■ **Problem to solve**
For the material below, output exactly the span from the line with "s.loading ≡ false" to the line with "accept_row (endpoint_key ep)", including both, and nothing besides.

Start of The input

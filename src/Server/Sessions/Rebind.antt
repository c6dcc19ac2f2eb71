-- ===== src/Server/Sessions/Rebind.antt =====
-- A client that is known: from a new address, and after its handshake.
use deepspace_outpost_dx.Base.{
  leb, ==_refl, ne→==, lookup, erase, lookup-insert, lookup-erase, ℕ, ◌+◌, ◌%◌, ◌^◌, ◌<◌, ◌≡◌, refl,
  sym, ap, subst, ◌∙◌, ◌≢◌, true, false, Option, none, some, List, [], ◌∷◌, arith,
}
use deepspace_outpost_dx.Ecs.Registry.{EntityId, Registry, create, is_valid, add}
use deepspace_outpost_dx.Server.{NetEndpoint, endpoint_key}
use deepspace_outpost_dx.Server.Table.{grant, rehome, resolve_at, resolve}
use deepspace_outpost_dx.Server.Table.Laws.{held, held-some}
use deepspace_outpost_dx.Server.Sessions.{
  max_inputs_per_tick, Session, Sessions, seen, moved, authenticate, at_key, write_session,
  InputCommand, open_tick, input_at, on_input,
}
use deepspace_outpost_dx.Server.Sessions.Hello.{
  tell, ack_of, next_token, Ship, add_all, spawn_player, accept,
}
use deepspace_outpost_dx.Server.Sessions.Good.{token_of, IsGood}
use deepspace_outpost_dx.Server.Sessions.Spawn.{IsFresh, next_token_same, HasRoom, accept-IsGood}
use deepspace_outpost_dx.Server.Sessions.Budget.{spent, spent-open_tick, input_room}
use deepspace_outpost_dx.Server.Sessions.Front.{at_key-write}
use deepspace_outpost_dx.Server.Sessions.Name.{spawn_name}
use deepspace_outpost_dx.Messages.Defs.Player.{hello_ack}
use deepspace_outpost_dx.Server.Sessions.Safety.{at_key-some}
use deepspace_outpost_dx.Ecs.Registry.Handles
use deepspace_outpost_dx.Ecs.Registry

-- In good order, a session with a token that is heard from an endpoint which no session has is
-- found, moves to that endpoint whole, is seen at the tick, and is no longer where it was.
pub authenticate_moves :
    (ep : NetEndpoint) (tick k : ℕ) (s : Session) (st : Sessions)
    → IsGood st
    → lookup k st.table.sessions ≡ some s
    → s.token ≢ 0
    → lookup (endpoint_key ep) st.table.sessions ≡ none
    → ((authenticate ep s.token tick st).0 ≡ some (endpoint_key ep))
      × (lookup (endpoint_key ep) (authenticate ep s.token tick st).1.table.sessions
          ≡ some (moved ep tick s))
      × (lookup k (authenticate ep s.token tick st).1.table.sessions ≡ none)
unfolding authenticate resolve resolve_at rehome
authenticate_moves ep tick k s st g here real free =
    let own = held-some token_of k st.table.sessions s here in
    let at : lookup s.token st.table.by_token ≡ some k =
      subst (λ (n : ℕ). lookup n st.table.by_token ≡ some k) own
        (g.sound.back k (λ e. real (sym own ∙ e))) in
    let away : k ≢ endpoint_key ep =
      (λ e. ground (arith, here, free, ap (λ (i : ℕ). lookup i st.table.sessions) e)) in
    rw (ne→== _ _ real, at, ne→== _ _ away, free, here)
      (
        refl,
        lookup-insert (endpoint_key ep) (endpoint_key ep) (moved ep tick s)
              (erase k st.table.sessions)
            ∙ rw (==_refl (endpoint_key ep)) refl,
        lookup-insert (endpoint_key ep) k (moved ep tick s) (erase k st.table.sessions)
            ∙ ground (arith, away, lookup-erase k k st.table.sessions),
      )

-- A session that is heard under its token where it stands is found and seen there.
authenticate_stays :
    (ep : NetEndpoint) (tick : ℕ) (s : Session) (st : Sessions)
    → IsGood st
    → lookup (endpoint_key ep) st.table.sessions ≡ some s
    → s.token ≢ 0
    → authenticate ep s.token tick st
      ≡ (some (endpoint_key ep), write_session (endpoint_key ep) (seen tick s) st)
unfolding authenticate resolve resolve_at
authenticate_stays ep tick s st g here real =
    let own = held-some token_of (endpoint_key ep) st.table.sessions s here in
    let at : lookup s.token st.table.by_token ≡ some (endpoint_key ep) =
      subst (λ (n : ℕ). lookup n st.table.by_token ≡ some (endpoint_key ep)) own
        (g.sound.back (endpoint_key ep) (λ e. real (sym own ∙ e))) in
    rw (ne→== _ _ real, at, ==_refl (endpoint_key ep), here) refl

-- An input under the token of a session, from where it stands, is its entity's, if this is in the
-- world and the session has not used up its inputs of the tick.
on_input_known :
    {A : Type 0} (world : Registry A) (ep : NetEndpoint) (input : InputCommand) (tick : ℕ)
    (s : Session) (st : Sessions)
    → IsGood st
    → lookup (endpoint_key ep) st.table.sessions ≡ some s
    → s.token ≢ 0
    → is_valid s.entity world ≡ true
    → spent tick s < max_inputs_per_tick
    → (on_input world ep s.token input tick st).0 ≡ s.entity
unfolding on_input
on_input_known world ep input tick s st g here real valid room =
    let k = endpoint_key ep in
    let seen_st : Sessions = write_session k (seen tick s) st in
    let found = at_key-write k (seen tick s) st in
    let there : is_valid (at_key k seen_st).entity world ≡ true =
      ap (λ (t : Session). is_valid t.entity world) found ∙ valid in
    let free : leb max_inputs_per_tick (open_tick tick (at_key k seen_st)).inputs_this_window
        ≡ false =
      ap (λ (t : Session). leb max_inputs_per_tick (open_tick tick t).inputs_this_window) found
      ∙ ground (arith, (spent-open_tick tick (seen tick s)).0, room) in
    let heard = authenticate_stays ep tick s st g here real in
    rw (ap (λ (r : Option ℕ × Sessions). r.0) heard, on_input)
      (ap (λ (r : Option ℕ × Sessions). (input_at world k input tick r.1).0) heard
        ∙ ap (λ (r : EntityId × Sessions). r.0) (input_room world k tick input seen_st there free)
        ∙ ap (λ (t : Session). t.entity) found)

module _ {A : Type 0} (ship : Ship A) where
  is_valid-add_all :
      (d e : EntityId) (vs : List (ℕ × A)) (world : Registry A)
      → is_valid d (add_all ship e vs world) ≡ is_valid d world
  unfolding add_all
  is_valid-add_all d e [] world = refl
  is_valid-add_all d e ((t, v) ∷ vs) world =
      is_valid-add_all d e vs (Registry.add t e v world) ∙ unfold is_valid Registry.add in refl

  -- The entity that `accept` returns is in the world that it leaves.
  is_valid-accept :
      (k drawn : ℕ) (clean : List ℕ) (s : Session) (st : Sessions) (world : Registry A)
      → HasRoom world
      → let after = accept ship k drawn clean s st world in is_valid after.0 after.2 ≡ true
  unfolding accept spawn_player
  is_valid-accept k drawn clean s st world h =
      is_valid-add_all (create world).0 (create world).0 ship.outfit _
      ∙ unfold is_valid Registry.add in (Handles.create-Creates world h.sound h.room).now_good

  -- The session that `accept` writes.
  accept_row :
      (k drawn : ℕ) (clean : List ℕ) (s : Session) (st : Sessions) (world : Registry A)
      → let after = accept ship k drawn clean s st world in
        (s' : Session) × (lookup k after.1.table.sessions ≡ some s')
        × (s'.token ≡ (next_token drawn st).0)
        × (s'.entity ≡ after.0)
        × (s'.player_id ≡ st.next_player_id)
        × (s'.name ≡ spawn_name clean after.0.index k st.table.sessions)
        × ((tick : ℕ) → spent tick s' ≡ spent tick s)
  unfolding accept spawn_player tell grant
  accept_row k drawn clean s st world =
      let (e, st₁, w) =
        spawn_player ship st.next_player_id
          (record st { next_player_id = (st.next_player_id + 1) % 2 ^ 32 }) world in
      let s' : Session = record s {
        player_id = st.next_player_id;
        entity = e;
        name = spawn_name clean e.index k st.table.sessions;
        token = (next_token drawn st₁).0;
      } in
      (
        tell hello_ack (ack_of s') s',
        lookup-insert k k (tell hello_ack (ack_of s') s') (next_token drawn st₁).1.table.sessions
            ∙ rw (==_refl k) refl,
        next_token_same drawn st st₁ refl,
        refl,
        refl,
        refl,
        λ tick. refl,
      )

  -- When a handshake is accepted, in good order, with a token that is real and not in use, for a
  -- session without a token that does not wait for a commander, and with a sound world that has a
  -- slot to spare: the new entity is in the world, the session has it, with the token, the next
  -- player id and the name chosen for it, and an input with that token from the same endpoint is
  -- taken as this entity's, if the session had not used up its inputs of the tick.
  pub accept_known :
      (ep : NetEndpoint) (drawn : ℕ) (clean : List ℕ) (s : Session) (st : Sessions)
      (world : Registry A) (input : InputCommand) (tick : ℕ)
      → IsGood st
      → IsFresh drawn st
      → held token_of (endpoint_key ep) st.table.sessions ≡ 0
      → s.loading ≡ false
      → HasRoom world
      → spent tick s < max_inputs_per_tick
      → let token = (next_token drawn st).0 in
        let (e, st', world') = accept ship (endpoint_key ep) drawn clean s st world in
        let t = at_key (endpoint_key ep) st' in
        (is_valid e world' ≡ true)
        × (t.entity ≡ e)
        × (t.token ≡ token)
        × (t.player_id ≡ st.next_player_id)
        × (t.name ≡ spawn_name clean e.index (endpoint_key ep) st.table.sessions)
        × ((authenticate ep token tick st').0 ≡ some (endpoint_key ep))
        × ((on_input world' ep token input tick st').0 ≡ e)
  accept_known ep drawn clean s st world input tick g f bare awake h room =
      let after = accept ship (endpoint_key ep) drawn clean s st world in
      let (t, here, own, hull, player, name, left) =
        accept_row (endpoint_key ep) drawn clean s st world in
      let good = accept-IsGood ship (endpoint_key ep) drawn clean s st world g f bare awake h in
      let real : t.token ≢ 0 = (λ e. f.real (sym own ∙ e)) in
      let valid = is_valid-accept (endpoint_key ep) drawn clean s st world h in
      let at : at_key (endpoint_key ep) after.1 ≡ t =
        at_key-some (endpoint_key ep) t after.1 here in
      let heard = authenticate_stays ep tick t after.1 good here real in
      let taken =
        on_input_known after.2 ep input tick t after.1 good here real
          (ap (λ (e : EntityId). is_valid e after.2) hull ∙ valid)
          (subst (λ (n : ℕ). n < max_inputs_per_tick) (sym (left tick)) room) in
      (
        valid,
        ap (λ (x : Session). x.entity) at ∙ hull,
        ap (λ (x : Session). x.token) at ∙ own,
        ap (λ (x : Session). x.player_id) at ∙ player,
        ap (λ (x : Session). x.name) at ∙ name,
        subst (λ (n : ℕ). (authenticate ep n tick after.1).0 ≡ some (endpoint_key ep)) own
            (ap (λ (r : Option ℕ × Sessions). r.0) heard),
        subst (λ (n : ℕ). (on_input after.2 ep n input tick after.1).0 ≡ after.0) own
            (taken ∙ hull),
      )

End of The input

■ **Task result**
      → s.loading ≡ false
      → HasRoom world
      → spent tick s < max_inputs_per_tick
      → let token = (next_token drawn st).0 in
        let (e, st', world') = accept ship (endpoint_key ep) drawn clean s st world in
        let t = at_key (endpoint_key ep) st' in
        (is_valid e world' ≡ true)
        × (t.entity ≡ e)
        × (t.token ≡ token)
        × (t.player_id ≡ st.next_player_id)
        × (t.name ≡ spawn_name clean e.index (endpoint_key ep) st.table.sessions)
        × ((authenticate ep token tick st').0 ≡ some (endpoint_key ep))
        × ((on_input world' ep token input tick st').0 ≡ e)
  accept_known ep drawn clean s st world input tick g f bare awake h room =
      let after = accept ship (endpoint_key ep) drawn clean s st world in
      let (t, here, own, hull, player, name, left) =
        accept_row (endpoint_key ep) drawn clean s st world in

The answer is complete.